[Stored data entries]
Content starts
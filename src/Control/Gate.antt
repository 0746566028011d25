-- ===== src/Control/Gate.antt =====
-- A dial that fails closes the gate, and no command dials while it is closed.
use sismatic.Common.{
  ℕ, suc, ◌+◌, ◌*◌, ◌-◌, ◌≤◌, ◌<◌, ◌≡◌, refl, sym, ap, ◌∙◌, subst, true, false, Option, none, some,
  List, [], ◌∷◌, length, contains, Result, err, err_injective, some_injective, arith, inl, inr,
  Bool-cases, Option-cases, Result-cases, ltb, lt→ltb, if◌then◌else◌,
}
use sismatic.Devices.AutoDisabled.{AutoDisabled, declared, inferred, veto}
use sismatic.Fleet.Config.{DeviceConfig}
use sismatic.Protocol.Values.{Value}
use sismatic.Protocol.Replies.{Instruction}
use sismatic.Control.Exchange.{Controller, run}
use sismatic.Control.Execution.{dial_device-Dials}
use sismatic.Control.Links.{exec-executed}
use sismatic.Control.Rounds.{last_round, executed}
use sismatic.Control.Device.{
  ConnectError, DeviceError, Dial, Dialed, opened, refused, stalled, Done, Link, Outside, exchanged,
  goes_round, connect_device, dial_through, dial_device, exec_loop, exec, field_veto, run_device,
}

module _ (config : DeviceConfig) (clock : ℕ → ℕ) where
  -- The gate that a dial leaves when it fails: shut for the backoff, from the last reading on.
  abbrev pub gate_from : Outside → Option ℕ
  gate_from out = elim config.cold_backoff [
    | none ↦ none
    | some backoff ↦ some (clock (out.readings - 1) + backoff)
  ]

  -- Of a dial that failed, the connection is gone and the gate is shut.
  abbrev Shuts : Done → Type 0
  Shuts (result, link, out) =
      (e : ConnectError)
      → result ≡ err (DeviceError.connect e)
      → (link.conn ≡ none) × (link.cold_until ≡ gate_from out)

  dial_through_shuts :
      (link : Link) (dials : List Dialed) (n : ℕ) (e : ConnectError)
      → let dialed = dial_through config clock link (record { dials = dials; readings = n }) in
        dialed.0 ≡ err (DeviceError.connect e) → dialed.1.cold_until ≡ gate_from dialed.2
  unfolding dial_through connect_device
  dial_through_shuts link [] n e h = ground arith
  dial_through_shuts link (opened t ∷ dials) n e h = absurd (cc)
  dial_through_shuts link (refused d ∷ dials) n e h = ground arith
  dial_through_shuts link (stalled ∷ dials) n e h = ground arith

  dial_device_shuts :
      (dial : Dial) (link : Link) (out : Outside) (e : ConnectError)
      → (dial_device config clock dial link out).0 ≡ err (DeviceError.connect e)
      → (dial_device config clock dial link out).1.cold_until
        ≡ gate_from (dial_device config clock dial link out).2
  unfolding dial_device
  dial_device_shuts Dial.always link out e h = dial_through_shuts link out.dials out.readings e h
  dial_device_shuts Dial.when_warm link out e h = elim (Option-cases link.cold_until) [
    | inl free ↦
        let through : dial_device config clock Dial.when_warm link out
            ≡ dial_through config clock link out =
          rw free refl in
        ap (λ d. d.1.cold_until) through
        ∙ dial_through_shuts link out.dials out.readings e (sym (ap (λ d. d.0) through) ∙ h)
        ∙ ap (λ d. gate_from d.2) (sym through)
    | inr (until, gated) ↦ elim (Bool-cases (ltb (clock out.readings) until)) [
      | inl early ↦ absurd (ground (arith, gated, early))
      | inr late ↦
          let counted : Outside = record out { readings = suc out.readings } in
          let through : dial_device config clock Dial.when_warm link out
              ≡ dial_through config clock link counted =
            rw (gated, late) refl in
          ap (λ d. d.1.cold_until) through
          ∙ dial_through_shuts link out.dials (suc out.readings) e (sym (ap (λ d. d.0) through) ∙ h)
          ∙ ap (λ d. gate_from d.2) (sym through)
    ]
  ]

  exchanged-Shuts :
      (i : Instruction) (c : Controller) (link : Link) (out : Outside)
      → Shuts (exchanged config clock i c link out)
  exchanged-Shuts i c link out e h = elim (Result-cases (run i c).0) [
    | inl (v, f) ↦ absurd (ground (arith, f, h))
    | inr (d, f) ↦ absurd (ground (arith, f, h))
  ]

  last_round-Shuts :
      (i : Instruction) (dial : Dial) (link : Link) (out : Outside)
      → Shuts (last_round config clock i dial link out)
  last_round-Shuts i dial link out = elim (Option-cases link.conn) [
    | inr (c, g) ↦
        let round : last_round config clock i dial link out ≡ exchanged config clock i c link out =
          ground (arith, g) in
        subst Shuts (sym round) (exchanged-Shuts i c link out)
    | inl g ↦ elim (Result-cases (dial_device config clock dial link out).0) [
      | inl (c, f) ↦
          let dialed = dial_device config clock dial link out in
          let round : last_round config clock i dial link out
              ≡ exchanged config clock i c dialed.1 dialed.2 =
            ground (arith, g, f) in
          subst Shuts (sym round) (exchanged-Shuts i c dialed.1 dialed.2)
      | inr (d, f) ↦
          let dialed = dial_device config clock dial link out in
          let round : last_round config clock i dial link out ≡ (err d, dialed.1, dialed.2) =
            ground (arith, g, f) in
          subst Shuts (sym round) (λ e h. (
            (dial_device-Dials config clock dial link out).0 ∙ g,
            dial_device_shuts dial link out e (f ∙ ap err (err_injective h)),
          ))
    ]
  ]

  executed-Shuts :
      (i : Instruction) (dial : Dial) (link : Link) (out : Outside)
      → Shuts (executed config clock i dial link out)
  executed-Shuts i dial link out = elim (Option-cases link.conn) [
    | inl g ↦
        let all : executed config clock i dial link out ≡ last_round config clock i dial link out =
          ground (arith, g) in
        subst Shuts (sym all) (last_round-Shuts i dial link out)
    | inr (c, g) ↦
        let first = exchanged config clock i c link out in
        elim (Bool-cases (goes_round config clock false first)) [
          | inr ends ↦
              let all : executed config clock i dial link out ≡ first = ground (arith, g, ends) in
              subst Shuts (sym all) (exchanged-Shuts i c link out)
          | inl again ↦
              let all : executed config clock i dial link out
                  ≡ last_round config clock i dial first.1 first.2 =
                ground (arith, g, again) in
              subst Shuts (sym all) (last_round-Shuts i dial first.1 first.2)
        ]
  ]

  -- Commands one after another, each with the fields that refusals have vetoed by then.
  abbrev pub run_all :
      List (Instruction × AutoDisabled)
      → Link
      → Outside
      → Option (List (Result Value DeviceError) × Link × Outside)
  run_all [] link out = some ([], link, out)
  run_all ((i, fields) ∷ rest) link out = elim (run_device config clock i fields link out) [
    | none ↦ none
    | some done ↦ elim (run_all rest done.1 done.2) [
      | none ↦ none
      | some later ↦ some (done.0 ∷ later.0, later.1, later.2)
    ]
  ]

  -- What a command comes to while the gate is shut, and the readings of the clock after it: that the
  -- operator has vetoed its field, or else that refusals have, or else that the device is cold.
  abbrev pub turned_away_once : ℕ → ℕ → Instruction → AutoDisabled → DeviceError × ℕ
  turned_away_once until n i fields =
      if contains i.name config.disabled_fields
      then (DeviceError.disabled i.name declared none, suc n)
      else elim (veto (clock n) i.name fields) [
        | some left ↦ (DeviceError.disabled i.name inferred left, suc n)
        | none ↦ (DeviceError.cold (until - clock (suc n)), suc (suc n))
      ]

  abbrev pub turned_away :
      ℕ → ℕ → List (Instruction × AutoDisabled) → List (Result Value DeviceError) × ℕ
  turned_away until n [] = ([], n)
  turned_away until n ((i, fields) ∷ rest) =
      let now = turned_away_once until n i fields in
      let later = turned_away until now.1 rest in (err now.0 ∷ later.0, later.1)

  exec_gated :
      (i : Instruction) (link : Link) (out : Outside) (until : ℕ)
      → link.conn ≡ none
      → link.cold_until ≡ some until
      → ltb (clock out.readings) until ≡ true
      → exec config clock i Dial.when_warm link out
        ≡ some (
          err (DeviceError.cold (until - clock out.readings)),
          link,
          record out { readings = suc out.readings },
        )
  unfolding exec exec_loop dial_device
  exec_gated i link out until cold gate early = ground (arith, cold, gate, early)

  run_device_gated :
      (i : Instruction) (fields : AutoDisabled) (link : Link) (out : Outside) (until : ℕ)
      → link.conn ≡ none
      → link.cold_until ≡ some until
      → clock (suc out.readings) < until
      → let away = turned_away_once until out.readings i fields in
        run_device config clock i fields link out
        ≡ some (err away.0, link, record out { readings = away.1 })
  unfolding run_device field_veto
  run_device_gated i fields link out until cold gate early =
      let counted : Outside = record out { readings = suc out.readings } in
      let gated =
        exec_gated i link counted until cold gate (lt→ltb (clock (suc out.readings)) until early) in
      elim (Bool-cases (contains i.name config.disabled_fields)) [
        | inl named ↦ ground (arith, named)
        | inr free ↦ elim (Option-cases (veto (clock out.readings) i.name fields)) [
          | inl allowed ↦ ground (arith, free, allowed, gated)
          | inr (left, vetoed) ↦ ground (arith, free, vetoed)
        ]
      ]

  turned_away_once_counts :
      (until n : ℕ) (i : Instruction) (fields : AutoDisabled)
      → (n ≤ (turned_away_once until n i fields).1)
        × ((turned_away_once until n i fields).1 ≤ n + 2)
  turned_away_once_counts until n i fields =
      elim (Bool-cases (contains i.name config.disabled_fields)) [
        | inl named ↦ (ground (arith, named), ground (arith, named))
        | inr free ↦ elim (Option-cases (veto (clock n) i.name fields)) [
          | inl allowed ↦ (ground (arith, free, allowed), ground (arith, free, allowed))
          | inr (left, vetoed) ↦ (ground (arith, free, vetoed), ground (arith, free, vetoed))
        ]
      ]

  run_all_next :
      {result : Result Value DeviceError} {results : List (Result Value DeviceError)}
      {mid last : Link} {between final : Outside} (i : Instruction) (fields : AutoDisabled)
      (rest : List (Instruction × AutoDisabled)) (link : Link) (out : Outside)
      → run_device config clock i fields link out ≡ some (result, mid, between)
      → run_all rest mid between ≡ some (results, last, final)
      → run_all ((i, fields) ∷ rest) link out ≡ some (result ∷ results, last, final)
  run_all_next i fields rest link out one later = ground (arith, one, later)

  run_all_gated :
      (commands : List (Instruction × AutoDisabled)) (link : Link) (out : Outside) (until : ℕ)
      → link.conn ≡ none
      → link.cold_until ≡ some until
      → ((m : ℕ) → out.readings ≤ m → m ≤ out.readings + 2 * length commands → clock m < until)
      → let away = turned_away until out.readings commands in
        run_all commands link out ≡ some (away.0, link, record out { readings = away.1 })
  run_all_gated [] link out until cold gate early = refl
  run_all_gated ((i, fields) ∷ rest) link out until cold gate early =
      let away = turned_away_once until out.readings i fields in
      let counts = turned_away_once_counts until out.readings i fields in
      let one =
        run_device_gated i fields link out until cold gate
          (early (suc out.readings) (omega arith) (omega arith)) in
      let later =
        run_all_gated rest link (record out { readings = away.1 }) until cold gate
          (λ m above below.
            early m (omega (arith, above, counts)) (omega (arith, below, counts))) in
      run_all_next i fields rest link out one later

  -- A command or a probe that comes to a connection error, whatever its link was before, leaves the
  -- gate shut for the backoff, where the configuration has one. As long as the clock, which a command
  -- reads twice at most, is short of the gate's end, the commands that follow do not dial: each is
  -- turned away, for its field's veto, the operator's first, or because the device is cold, with the
  -- time that is left; and the link and the dials to come stay as they are.
  pub failed_dial_gates :
      (i : Instruction) (dial : Dial) (link after : Link) (out later : Outside) (e : ConnectError)
      (backoff : ℕ) (commands : List (Instruction × AutoDisabled))
      → exec config clock i dial link out ≡ some (err (DeviceError.connect e), after, later)
      → config.cold_backoff ≡ some backoff
      → ((m : ℕ)
          → later.readings ≤ m
          → m ≤ later.readings + 2 * length commands
          → clock m < clock (later.readings - 1) + backoff)
      → let away = turned_away (clock (later.readings - 1) + backoff) later.readings commands in
        run_all commands after later ≡ some (away.0, after, record later { readings = away.1 })
  failed_dial_gates i dial link after out later e backoff commands failed kept early =
      let same : executed config clock i dial link out
          ≡ (err (DeviceError.connect e), after, later) =
        some_injective (sym (exec-executed config clock i dial link out) ∙ failed) in
      let shut = subst Shuts same (executed-Shuts i dial link out) e refl in
      run_all_gated commands after later (clock (later.readings - 1) + backoff) shut.0
        (shut.1 ∙ rw kept refl) early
Content ends
Problem
Count the lines above that contain "where", and give only the number.

The answer
2